EL IDIOMA Y LOS LIBROS

Gustavo Fernández Colón

Hace tres lustros, el 23 de abril fue declarado por la UNESCO "Día Internacional del Libro y del Derecho de Autor", en vista de que en esta fecha fallecieron, en el año de 1.616, Miguel de Cervantes, William Shakespeare y el Inca Garcilaso de la Vega. En los países de habla hispana se celebra simultáneamente el Día del Idioma, porque un 23 de abril, además de Cervantes y el Inca Garcilaso, murió en Madrid en 1.936 la insigne escritora venezolana Teresa de la Parra.

Como lo revelan estas y otras conmemoraciones, es costumbre señalar el nacimiento y la muerte de los grandes escritores o la publicación de las obras maestras de las literaturas nacionales, como los hitos estelares en la historia de un idioma. Sin embargo, es importante tener en cuenta que el lenguaje es una facultad humana que nos brinda, a todos y todas por igual, la posibilidad de representarnos metafóricamente lo real. Pues incluso de los labios de quienes aún no han tenido la fortuna de aprender a leer ni escribir puede brotar, en cualquier instante, la música verbal de la poesía.

Así pues, la facultad innata de enunciar poéticamente el mundo es la fuente y el principio de todos los idiomas. De ahí que debamos agradecer a un número infinito de hablantes desconocidos el legado de las palabras y las figuras de nuestra lengua materna, el español, y de las cerca de siete mil lenguas que hoy se hablan sobre la faz de la Tierra.

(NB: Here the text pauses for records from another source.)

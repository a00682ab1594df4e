-- ===== src/Memory/Calls.antt =====
-- The calls of a memory backend of fmemory/src/backend.rs, as data.
use fiddlesticks.Base.{String, Bool, Option, List}
use fiddlesticks.Exec.{Result}
use fiddlesticks.Common.{SessionId}
use fiddlesticks.Provider.Model.{Message}
use fiddlesticks.Memory.Error.{MemoryError}
use fiddlesticks.Memory.Types.{
  SessionManifest, FeatureRecord, ProgressEntry, RunCheckpoint, BootstrapState,
}
use fiddlesticks.Memory.Backend.{MemoryBackend}

-- One call for each method of the trait.
pub data Call : Type 0 where
  is_initialized : SessionId → Call
  initialize :
      SessionId
      → SessionManifest
      → List FeatureRecord
      → Option ProgressEntry
      → Option RunCheckpoint
      → Call
  load_bootstrap : SessionId → Call
  save_manifest : SessionId → SessionManifest → Call
  append_progress : SessionId → ProgressEntry → Call
  replace_features : SessionId → List FeatureRecord → Call
  update_pass : SessionId → String → Bool → Call
  record_checkpoint : SessionId → RunCheckpoint → Call
  load_transcript : SessionId → Call
  append_transcript : SessionId → List Message → Call

pub data Answer : Type 0 where
  flag : Result MemoryError Bool → Answer
  bootstrap : Result MemoryError BootstrapState → Answer
  done : Result MemoryError (Unit {0}) → Answer
  messages : Result MemoryError (List Message) → Answer

abbrev pub answer :
    {A B : Type 0} → (Result MemoryError A → Answer) → Result MemoryError A × B → Answer × B
answer f (r, b) = (f r, b)

abbrev pub perform : {B : Type 0} → MemoryBackend B → Call → B → Answer × B
perform m (is_initialized id) b = answer flag (m.is_initialized id b)
perform m (initialize id manifest features progress checkpoint) b =
    answer flag (m.initialize_session_if_missing id manifest features progress checkpoint b)
perform m (load_bootstrap id) b = answer bootstrap (m.load_bootstrap_state id b)
perform m (save_manifest id manifest) b = answer done (m.save_manifest id manifest b)
perform m (append_progress id entry) b = answer done (m.append_progress_entry id entry b)
perform m (replace_features id features) b = answer done (m.replace_feature_list id features b)
perform m (update_pass id feature_id passes) b =
    answer done (m.update_feature_pass id feature_id passes b)
perform m (record_checkpoint id checkpoint) b =
    answer done (m.record_run_checkpoint id checkpoint b)
perform m (load_transcript id) b = answer messages (m.load_transcript_messages id b)
perform m (append_transcript id ms) b = answer done (m.append_transcript_messages id ms b)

Cada vocablo constituye, desde esta perspectiva, un monumento anónimo edificado por el talento expresivo de nuestra especie, capaz de hacernos descubrir, hasta en las cosas más sencillas, la maravilla que un día vislumbró Pablo Neruda en las aves coloridas del Caribe o en las modestas cebollas del mercado: “Yo cuanto existe celebré, cebolla, / pero para mí eres / más hermosa que un ave / de plumas cegadoras, / eres para mis ojos / globo celeste, copa de platino, / baile inmóvil / de anémona nevada / y vive la fragancia de la tierra / en tu naturaleza cristalina.”

Para otros, en cambio, la potencia imaginativa del lenguaje es el origen de todos los delirios y engaños humanos. Nuestra alienación y nuestra expulsión del paraíso de la naturaleza comenzaron en el mismo momento en que nuestros ancestros pronunciaron la primera palabra. Por ello, los místicos de Oriente y Occidente han proclamado, desde tiempos inmemoriales, que la verdad sobre la esencia divina de las cosas no podría ser aprehendida jamás por el lenguaje. Los sabios insisten en que la transparencia del Ser sólo se hace patente en el silencio; sin embargo, la necesidad de dar testimonio de nuestro paso por la vida nos impide prescindir del uso de los signos. Fue esta insalvable paradoja la que llevó a San Juan de la Cruz a extremar hasta el vértigo el uso del idioma para tratar de expresar lo inexpresable, valiéndose de la alegoría salomónica de la amada que interroga a las criaturas del bosque requiriendo noticias de su amado: “Y todos cuantos vagan / de ti me van mil gracias refiriendo. / Y todos más me llagan / pues déjame muriendo / un no sé qué que quedan balbuciendo.”

En fin, ya sea que consideremos al lenguaje ruido o revelación, simbolismo ilusorio o morada del Ser, nuestra capacidad de comunicarnos a través de la palabra hablada o de los signos grabados en los libros, define nuestro modo de ser humanos en el mundo y nos acompaña desde antes del nacimiento y hasta después de la muerte, en el arrullo materno, en la plática íntima de los enamorados, en las proclamas de guerra y en las plegarias del ritual funerario. Como lo ha dicho magistralmente José Manuel Briceño Guerrero: “En palabras fui engendrado y parido, y con palabras me amamantó mi madre. Nada me dio sin palabras”. Celebremos, pues, con la fiesta del diálogo fraterno, la dicha de contar con dos de los más preciosos dones entregados por los dioses a los mortales para dejarnos saborear la eternidad: la palabra y el libro.